» **About this exercise**
The listing below holds a line with "unfoldable pub rune_tail" and a later line with "services_of ((a ∷". Write out those two lines and every line between them, exactly, and nothing else.
——
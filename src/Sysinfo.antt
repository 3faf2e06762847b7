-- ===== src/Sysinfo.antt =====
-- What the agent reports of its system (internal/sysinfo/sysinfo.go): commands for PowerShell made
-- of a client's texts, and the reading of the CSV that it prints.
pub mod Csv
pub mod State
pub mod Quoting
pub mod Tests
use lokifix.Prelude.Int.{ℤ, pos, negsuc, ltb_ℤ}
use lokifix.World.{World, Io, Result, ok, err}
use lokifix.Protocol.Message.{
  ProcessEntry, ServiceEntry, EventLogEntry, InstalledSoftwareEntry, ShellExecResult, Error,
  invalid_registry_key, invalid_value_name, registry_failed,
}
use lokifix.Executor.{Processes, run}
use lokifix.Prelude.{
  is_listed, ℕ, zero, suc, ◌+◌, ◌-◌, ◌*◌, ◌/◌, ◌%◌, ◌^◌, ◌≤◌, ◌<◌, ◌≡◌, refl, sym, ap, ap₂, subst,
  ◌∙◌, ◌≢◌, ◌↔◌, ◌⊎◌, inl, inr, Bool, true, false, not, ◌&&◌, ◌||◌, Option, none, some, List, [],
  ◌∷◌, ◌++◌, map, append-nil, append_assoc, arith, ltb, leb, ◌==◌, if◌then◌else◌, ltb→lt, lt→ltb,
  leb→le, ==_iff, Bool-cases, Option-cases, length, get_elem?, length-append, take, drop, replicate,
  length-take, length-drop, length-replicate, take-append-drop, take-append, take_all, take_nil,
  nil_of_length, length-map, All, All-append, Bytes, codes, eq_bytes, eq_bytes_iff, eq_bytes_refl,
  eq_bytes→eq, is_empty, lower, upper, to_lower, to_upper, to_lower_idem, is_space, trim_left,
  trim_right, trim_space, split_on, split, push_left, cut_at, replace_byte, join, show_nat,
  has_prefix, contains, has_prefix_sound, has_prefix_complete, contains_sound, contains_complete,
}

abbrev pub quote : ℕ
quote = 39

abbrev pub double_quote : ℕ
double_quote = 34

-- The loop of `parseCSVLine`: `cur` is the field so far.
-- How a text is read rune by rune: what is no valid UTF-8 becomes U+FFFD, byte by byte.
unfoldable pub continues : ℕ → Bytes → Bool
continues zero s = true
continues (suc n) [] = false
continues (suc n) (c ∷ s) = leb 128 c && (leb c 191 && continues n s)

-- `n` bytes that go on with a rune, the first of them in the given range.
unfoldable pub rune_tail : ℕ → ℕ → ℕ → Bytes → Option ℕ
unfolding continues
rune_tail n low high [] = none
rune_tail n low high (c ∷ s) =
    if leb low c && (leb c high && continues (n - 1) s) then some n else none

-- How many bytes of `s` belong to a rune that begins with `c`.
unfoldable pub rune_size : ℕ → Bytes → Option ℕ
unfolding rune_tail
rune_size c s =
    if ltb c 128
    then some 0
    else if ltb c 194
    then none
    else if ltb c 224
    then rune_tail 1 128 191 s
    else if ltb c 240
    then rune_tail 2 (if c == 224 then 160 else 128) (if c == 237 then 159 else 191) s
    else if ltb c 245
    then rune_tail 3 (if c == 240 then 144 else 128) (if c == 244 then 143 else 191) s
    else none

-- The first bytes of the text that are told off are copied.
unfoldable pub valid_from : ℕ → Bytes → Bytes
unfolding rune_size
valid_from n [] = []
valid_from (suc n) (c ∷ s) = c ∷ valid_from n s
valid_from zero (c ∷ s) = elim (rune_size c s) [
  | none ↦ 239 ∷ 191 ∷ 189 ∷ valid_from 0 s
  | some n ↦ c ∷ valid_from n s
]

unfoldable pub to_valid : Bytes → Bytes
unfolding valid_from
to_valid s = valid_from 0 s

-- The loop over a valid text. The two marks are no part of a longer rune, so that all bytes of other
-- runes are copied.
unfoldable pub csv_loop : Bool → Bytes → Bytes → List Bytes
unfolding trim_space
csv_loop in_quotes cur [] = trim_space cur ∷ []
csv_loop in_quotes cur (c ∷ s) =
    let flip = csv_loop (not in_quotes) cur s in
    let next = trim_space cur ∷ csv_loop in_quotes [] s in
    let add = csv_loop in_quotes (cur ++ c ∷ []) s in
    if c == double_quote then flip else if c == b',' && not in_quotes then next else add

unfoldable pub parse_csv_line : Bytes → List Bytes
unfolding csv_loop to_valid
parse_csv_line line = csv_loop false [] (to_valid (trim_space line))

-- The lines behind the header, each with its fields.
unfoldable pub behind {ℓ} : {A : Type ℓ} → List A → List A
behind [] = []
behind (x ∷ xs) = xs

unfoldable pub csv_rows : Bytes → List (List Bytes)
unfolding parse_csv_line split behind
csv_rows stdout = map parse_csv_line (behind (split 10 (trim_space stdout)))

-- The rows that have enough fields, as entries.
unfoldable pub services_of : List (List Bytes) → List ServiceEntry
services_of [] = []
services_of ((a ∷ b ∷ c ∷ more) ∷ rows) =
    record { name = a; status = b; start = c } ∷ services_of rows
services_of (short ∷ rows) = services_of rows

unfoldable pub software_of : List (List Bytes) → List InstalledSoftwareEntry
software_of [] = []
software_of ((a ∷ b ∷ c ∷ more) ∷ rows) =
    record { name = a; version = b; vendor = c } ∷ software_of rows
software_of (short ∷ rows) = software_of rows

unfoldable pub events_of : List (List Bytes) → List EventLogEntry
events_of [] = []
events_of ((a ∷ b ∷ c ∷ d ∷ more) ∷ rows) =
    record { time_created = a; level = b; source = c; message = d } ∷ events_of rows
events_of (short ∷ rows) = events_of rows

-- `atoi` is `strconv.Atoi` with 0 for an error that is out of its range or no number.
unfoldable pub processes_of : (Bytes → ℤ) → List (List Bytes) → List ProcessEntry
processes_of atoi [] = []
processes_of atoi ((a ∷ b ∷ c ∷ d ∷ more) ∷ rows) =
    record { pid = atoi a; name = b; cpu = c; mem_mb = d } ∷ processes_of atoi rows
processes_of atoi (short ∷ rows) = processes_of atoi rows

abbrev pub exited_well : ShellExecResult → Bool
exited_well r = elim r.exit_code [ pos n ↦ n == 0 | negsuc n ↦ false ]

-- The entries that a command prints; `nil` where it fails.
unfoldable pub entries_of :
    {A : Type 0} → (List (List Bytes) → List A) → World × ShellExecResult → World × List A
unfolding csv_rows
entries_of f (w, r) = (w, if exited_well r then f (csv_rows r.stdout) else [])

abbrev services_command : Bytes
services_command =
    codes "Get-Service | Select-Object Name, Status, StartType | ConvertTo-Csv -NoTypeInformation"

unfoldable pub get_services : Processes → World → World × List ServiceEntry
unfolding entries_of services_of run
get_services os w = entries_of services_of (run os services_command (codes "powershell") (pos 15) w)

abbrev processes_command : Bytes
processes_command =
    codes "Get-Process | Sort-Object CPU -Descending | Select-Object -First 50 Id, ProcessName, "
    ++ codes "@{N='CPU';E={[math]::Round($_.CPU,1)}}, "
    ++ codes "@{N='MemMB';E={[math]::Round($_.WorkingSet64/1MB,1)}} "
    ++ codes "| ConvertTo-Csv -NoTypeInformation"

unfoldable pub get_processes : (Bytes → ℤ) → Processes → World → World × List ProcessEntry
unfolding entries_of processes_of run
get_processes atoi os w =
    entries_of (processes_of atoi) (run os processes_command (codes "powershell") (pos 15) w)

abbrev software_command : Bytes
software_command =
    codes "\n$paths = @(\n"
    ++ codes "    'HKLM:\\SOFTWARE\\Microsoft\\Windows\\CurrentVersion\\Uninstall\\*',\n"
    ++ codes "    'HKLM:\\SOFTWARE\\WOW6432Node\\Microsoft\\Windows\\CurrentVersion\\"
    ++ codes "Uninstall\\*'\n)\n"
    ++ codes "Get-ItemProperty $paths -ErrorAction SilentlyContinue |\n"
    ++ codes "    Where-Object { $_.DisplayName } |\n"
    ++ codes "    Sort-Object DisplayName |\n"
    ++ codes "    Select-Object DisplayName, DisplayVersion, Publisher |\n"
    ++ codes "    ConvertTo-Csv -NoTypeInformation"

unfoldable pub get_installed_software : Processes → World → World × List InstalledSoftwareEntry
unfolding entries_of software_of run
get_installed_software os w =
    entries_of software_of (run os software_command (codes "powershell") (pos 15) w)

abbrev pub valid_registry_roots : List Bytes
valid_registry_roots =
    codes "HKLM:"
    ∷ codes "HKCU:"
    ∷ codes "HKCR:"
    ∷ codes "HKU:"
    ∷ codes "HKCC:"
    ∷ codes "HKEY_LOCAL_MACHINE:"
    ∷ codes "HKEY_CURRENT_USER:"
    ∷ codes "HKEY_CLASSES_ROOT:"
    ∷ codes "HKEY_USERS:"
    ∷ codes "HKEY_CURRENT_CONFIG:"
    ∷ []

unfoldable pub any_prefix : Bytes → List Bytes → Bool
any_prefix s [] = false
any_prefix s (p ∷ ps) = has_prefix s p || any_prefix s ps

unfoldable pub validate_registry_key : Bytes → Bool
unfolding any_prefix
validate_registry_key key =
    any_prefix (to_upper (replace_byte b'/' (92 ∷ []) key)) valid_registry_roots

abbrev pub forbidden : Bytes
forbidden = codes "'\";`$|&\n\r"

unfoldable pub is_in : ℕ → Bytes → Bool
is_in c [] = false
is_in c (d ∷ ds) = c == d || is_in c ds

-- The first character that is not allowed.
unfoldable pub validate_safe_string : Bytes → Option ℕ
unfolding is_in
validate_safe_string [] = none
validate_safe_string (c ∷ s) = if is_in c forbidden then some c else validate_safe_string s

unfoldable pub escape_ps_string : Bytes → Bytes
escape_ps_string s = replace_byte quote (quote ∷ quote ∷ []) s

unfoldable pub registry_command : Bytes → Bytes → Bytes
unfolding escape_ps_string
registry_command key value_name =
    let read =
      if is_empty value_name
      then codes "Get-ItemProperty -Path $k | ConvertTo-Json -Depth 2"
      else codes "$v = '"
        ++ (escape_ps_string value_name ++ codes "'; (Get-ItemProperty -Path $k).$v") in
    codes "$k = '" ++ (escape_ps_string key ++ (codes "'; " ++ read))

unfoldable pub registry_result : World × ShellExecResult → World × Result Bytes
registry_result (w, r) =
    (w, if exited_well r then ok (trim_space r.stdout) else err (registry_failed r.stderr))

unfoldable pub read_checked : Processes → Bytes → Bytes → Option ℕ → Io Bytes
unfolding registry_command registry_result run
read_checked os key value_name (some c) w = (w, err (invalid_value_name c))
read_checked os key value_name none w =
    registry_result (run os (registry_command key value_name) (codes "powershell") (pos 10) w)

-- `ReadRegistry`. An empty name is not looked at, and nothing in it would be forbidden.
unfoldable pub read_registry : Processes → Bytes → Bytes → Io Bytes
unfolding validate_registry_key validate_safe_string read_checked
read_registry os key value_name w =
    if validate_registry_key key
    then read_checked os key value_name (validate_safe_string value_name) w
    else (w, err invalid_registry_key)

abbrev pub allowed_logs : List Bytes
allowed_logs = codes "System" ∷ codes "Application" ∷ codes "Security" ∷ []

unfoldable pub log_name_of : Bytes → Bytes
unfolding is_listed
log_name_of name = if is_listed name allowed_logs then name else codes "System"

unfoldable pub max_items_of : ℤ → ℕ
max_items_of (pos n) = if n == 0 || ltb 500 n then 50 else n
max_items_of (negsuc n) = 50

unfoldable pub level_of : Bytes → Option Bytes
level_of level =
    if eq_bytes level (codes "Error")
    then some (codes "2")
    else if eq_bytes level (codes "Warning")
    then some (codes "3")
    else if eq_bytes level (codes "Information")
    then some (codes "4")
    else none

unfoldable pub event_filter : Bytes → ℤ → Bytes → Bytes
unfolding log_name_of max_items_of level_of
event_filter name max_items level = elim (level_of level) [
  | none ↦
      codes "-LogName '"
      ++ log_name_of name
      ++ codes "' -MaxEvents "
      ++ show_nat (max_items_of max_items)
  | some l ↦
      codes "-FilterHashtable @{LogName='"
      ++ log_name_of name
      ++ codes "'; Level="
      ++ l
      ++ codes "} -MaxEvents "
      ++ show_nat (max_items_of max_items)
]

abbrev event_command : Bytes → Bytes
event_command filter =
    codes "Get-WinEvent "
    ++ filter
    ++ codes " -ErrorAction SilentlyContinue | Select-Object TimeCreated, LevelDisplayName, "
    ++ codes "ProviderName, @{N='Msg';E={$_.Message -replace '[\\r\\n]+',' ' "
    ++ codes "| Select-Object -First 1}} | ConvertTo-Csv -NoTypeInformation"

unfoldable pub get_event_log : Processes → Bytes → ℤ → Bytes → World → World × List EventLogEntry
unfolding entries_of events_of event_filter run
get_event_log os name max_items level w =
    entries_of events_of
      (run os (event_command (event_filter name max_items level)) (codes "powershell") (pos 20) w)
——
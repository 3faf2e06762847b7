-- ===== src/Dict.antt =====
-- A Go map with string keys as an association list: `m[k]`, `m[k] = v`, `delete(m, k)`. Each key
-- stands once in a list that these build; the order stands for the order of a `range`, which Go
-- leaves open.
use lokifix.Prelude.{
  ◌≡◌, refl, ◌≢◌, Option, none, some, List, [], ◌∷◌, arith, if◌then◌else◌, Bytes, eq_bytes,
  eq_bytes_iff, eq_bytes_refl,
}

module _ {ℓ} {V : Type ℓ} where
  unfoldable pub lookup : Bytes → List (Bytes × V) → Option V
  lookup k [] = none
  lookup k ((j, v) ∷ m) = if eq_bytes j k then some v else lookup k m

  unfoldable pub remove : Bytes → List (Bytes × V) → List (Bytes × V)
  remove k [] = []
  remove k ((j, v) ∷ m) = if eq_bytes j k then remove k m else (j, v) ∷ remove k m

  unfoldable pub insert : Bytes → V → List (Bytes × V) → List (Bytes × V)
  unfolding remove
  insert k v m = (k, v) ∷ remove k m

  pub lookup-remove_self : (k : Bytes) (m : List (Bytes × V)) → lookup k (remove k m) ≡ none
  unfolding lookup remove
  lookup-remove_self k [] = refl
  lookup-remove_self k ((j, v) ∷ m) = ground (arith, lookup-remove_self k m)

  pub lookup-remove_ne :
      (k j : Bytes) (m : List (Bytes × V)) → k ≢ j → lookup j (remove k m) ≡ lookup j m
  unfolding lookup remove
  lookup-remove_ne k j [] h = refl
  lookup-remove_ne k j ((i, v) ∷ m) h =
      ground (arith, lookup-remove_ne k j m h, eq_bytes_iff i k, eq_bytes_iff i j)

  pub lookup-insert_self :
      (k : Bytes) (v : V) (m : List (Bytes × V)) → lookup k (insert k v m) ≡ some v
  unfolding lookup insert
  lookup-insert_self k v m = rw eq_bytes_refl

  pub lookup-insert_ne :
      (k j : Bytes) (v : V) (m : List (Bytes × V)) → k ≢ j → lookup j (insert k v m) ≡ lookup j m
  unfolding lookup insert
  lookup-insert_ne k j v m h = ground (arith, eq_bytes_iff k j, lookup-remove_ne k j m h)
——
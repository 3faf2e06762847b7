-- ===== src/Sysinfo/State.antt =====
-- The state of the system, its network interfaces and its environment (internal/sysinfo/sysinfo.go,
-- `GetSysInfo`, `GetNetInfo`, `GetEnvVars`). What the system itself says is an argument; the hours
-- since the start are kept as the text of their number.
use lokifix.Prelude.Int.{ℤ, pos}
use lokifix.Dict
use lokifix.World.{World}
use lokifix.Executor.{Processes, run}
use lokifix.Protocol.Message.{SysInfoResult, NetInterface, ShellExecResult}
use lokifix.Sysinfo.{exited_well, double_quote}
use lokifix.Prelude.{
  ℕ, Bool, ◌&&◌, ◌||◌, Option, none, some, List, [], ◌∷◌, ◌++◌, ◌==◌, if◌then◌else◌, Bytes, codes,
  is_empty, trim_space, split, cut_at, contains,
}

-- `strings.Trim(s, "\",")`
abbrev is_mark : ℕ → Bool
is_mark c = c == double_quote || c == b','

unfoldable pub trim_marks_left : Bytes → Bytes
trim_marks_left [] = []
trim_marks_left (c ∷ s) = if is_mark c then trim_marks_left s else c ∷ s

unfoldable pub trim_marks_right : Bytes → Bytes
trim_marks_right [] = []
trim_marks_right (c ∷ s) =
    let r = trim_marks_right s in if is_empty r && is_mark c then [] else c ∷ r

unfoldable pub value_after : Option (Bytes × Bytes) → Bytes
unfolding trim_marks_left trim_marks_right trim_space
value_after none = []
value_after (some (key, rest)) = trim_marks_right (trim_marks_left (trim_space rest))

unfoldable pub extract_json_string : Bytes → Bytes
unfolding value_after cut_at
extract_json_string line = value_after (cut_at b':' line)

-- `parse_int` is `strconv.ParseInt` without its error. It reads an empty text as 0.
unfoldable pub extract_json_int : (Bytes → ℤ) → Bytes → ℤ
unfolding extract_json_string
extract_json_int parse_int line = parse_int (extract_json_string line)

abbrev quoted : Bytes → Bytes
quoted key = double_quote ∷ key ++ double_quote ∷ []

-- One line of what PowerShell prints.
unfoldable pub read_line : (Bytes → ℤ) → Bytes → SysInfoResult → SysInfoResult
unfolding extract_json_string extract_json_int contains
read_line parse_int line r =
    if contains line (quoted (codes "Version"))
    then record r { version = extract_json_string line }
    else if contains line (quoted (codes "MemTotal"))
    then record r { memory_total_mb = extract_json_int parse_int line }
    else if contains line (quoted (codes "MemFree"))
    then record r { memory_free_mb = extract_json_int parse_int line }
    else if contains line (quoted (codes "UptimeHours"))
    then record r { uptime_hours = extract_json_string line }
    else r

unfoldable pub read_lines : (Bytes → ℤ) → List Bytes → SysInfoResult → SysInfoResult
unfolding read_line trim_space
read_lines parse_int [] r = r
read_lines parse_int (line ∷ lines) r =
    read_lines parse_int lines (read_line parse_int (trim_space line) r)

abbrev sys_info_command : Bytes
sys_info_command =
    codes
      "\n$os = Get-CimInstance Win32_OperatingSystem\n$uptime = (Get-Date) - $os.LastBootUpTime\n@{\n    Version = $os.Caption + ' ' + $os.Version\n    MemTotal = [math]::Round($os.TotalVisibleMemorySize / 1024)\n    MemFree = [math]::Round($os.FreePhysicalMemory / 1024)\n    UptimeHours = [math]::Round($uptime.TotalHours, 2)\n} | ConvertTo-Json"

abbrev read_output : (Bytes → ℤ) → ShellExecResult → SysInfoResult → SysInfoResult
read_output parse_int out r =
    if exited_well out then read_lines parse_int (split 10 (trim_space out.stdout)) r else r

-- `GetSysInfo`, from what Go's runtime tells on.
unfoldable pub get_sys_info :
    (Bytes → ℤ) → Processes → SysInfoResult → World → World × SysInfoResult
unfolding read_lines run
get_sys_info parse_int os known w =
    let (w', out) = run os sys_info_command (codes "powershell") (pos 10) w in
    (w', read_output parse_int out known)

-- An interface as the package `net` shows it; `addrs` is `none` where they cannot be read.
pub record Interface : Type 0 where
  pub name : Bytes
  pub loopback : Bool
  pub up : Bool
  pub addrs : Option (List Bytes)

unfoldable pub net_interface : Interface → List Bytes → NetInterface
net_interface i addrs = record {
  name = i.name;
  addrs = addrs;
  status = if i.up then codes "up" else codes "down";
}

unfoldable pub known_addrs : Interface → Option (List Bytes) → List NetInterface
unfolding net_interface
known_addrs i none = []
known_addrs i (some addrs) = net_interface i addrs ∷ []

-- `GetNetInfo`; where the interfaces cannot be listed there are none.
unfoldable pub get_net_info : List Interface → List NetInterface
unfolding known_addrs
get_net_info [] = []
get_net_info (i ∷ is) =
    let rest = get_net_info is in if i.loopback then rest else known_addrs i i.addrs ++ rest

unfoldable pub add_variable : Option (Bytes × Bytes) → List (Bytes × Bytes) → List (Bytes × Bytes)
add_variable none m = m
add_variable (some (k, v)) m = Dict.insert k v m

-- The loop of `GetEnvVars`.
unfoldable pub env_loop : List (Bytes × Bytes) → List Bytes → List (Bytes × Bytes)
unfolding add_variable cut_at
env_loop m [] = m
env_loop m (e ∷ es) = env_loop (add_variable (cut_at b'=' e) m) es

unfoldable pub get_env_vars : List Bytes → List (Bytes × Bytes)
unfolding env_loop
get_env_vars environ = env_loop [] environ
——
» **Result of the task**
unfoldable pub rune_tail : ℕ → ℕ → ℕ → Bytes → Option ℕ
unfolding continues
rune_tail n low high [] = none
rune_tail n low high (c ∷ s) =
    if leb low c && (leb c high && continues (n - 1) s) then some n else none

-- How many bytes of `s` belong to a rune that begins with `c`.
unfoldable pub rune_size : ℕ → Bytes → Option ℕ
unfolding rune_tail
rune_size c s =
    if ltb c 128
    then some 0
    else if ltb c 194
    then none
    else if ltb c 224
    then rune_tail 1 128 191 s
    else if ltb c 240
    then rune_tail 2 (if c == 224 then 160 else 128) (if c == 237 then 159 else 191) s
    else if ltb c 245
    then rune_tail 3 (if c == 240 then 144 else 128) (if c == 244 then 143 else 191) s
    else none

-- The first bytes of the text that are told off are copied.
unfoldable pub valid_from : ℕ → Bytes → Bytes
unfolding rune_size
valid_from n [] = []
valid_from (suc n) (c ∷ s) = c ∷ valid_from n s
valid_from zero (c ∷ s) = elim (rune_size c s) [
  | none ↦ 239 ∷ 191 ∷ 189 ∷ valid_from 0 s
  | some n ↦ c ∷ valid_from n s
]

unfoldable pub to_valid : Bytes → Bytes
unfolding valid_from
to_valid s = valid_from 0 s

-- The loop over a valid text. The two marks are no part of a longer rune, so that all bytes of other
-- runes are copied.
unfoldable pub csv_loop : Bool → Bytes → Bytes → List Bytes
unfolding trim_space
csv_loop in_quotes cur [] = trim_space cur ∷ []
csv_loop in_quotes cur (c ∷ s) =
    let flip = csv_loop (not in_quotes) cur s in
    let next = trim_space cur ∷ csv_loop in_quotes [] s in
    let add = csv_loop in_quotes (cur ++ c ∷ []) s in
    if c == double_quote then flip else if c == b',' && not in_quotes then next else add

unfoldable pub parse_csv_line : Bytes → List Bytes
unfolding csv_loop to_valid
parse_csv_line line = csv_loop false [] (to_valid (trim_space line))

-- The lines behind the header, each with its fields.
unfoldable pub behind {ℓ} : {A : Type ℓ} → List A → List A
behind [] = []
behind (x ∷ xs) = xs

unfoldable pub csv_rows : Bytes → List (List Bytes)
unfolding parse_csv_line split behind
csv_rows stdout = map parse_csv_line (behind (split 10 (trim_space stdout)))

-- The rows that have enough fields, as entries.
unfoldable pub services_of : List (List Bytes) → List ServiceEntry
services_of [] = []
services_of ((a ∷ b ∷ c ∷ more) ∷ rows) =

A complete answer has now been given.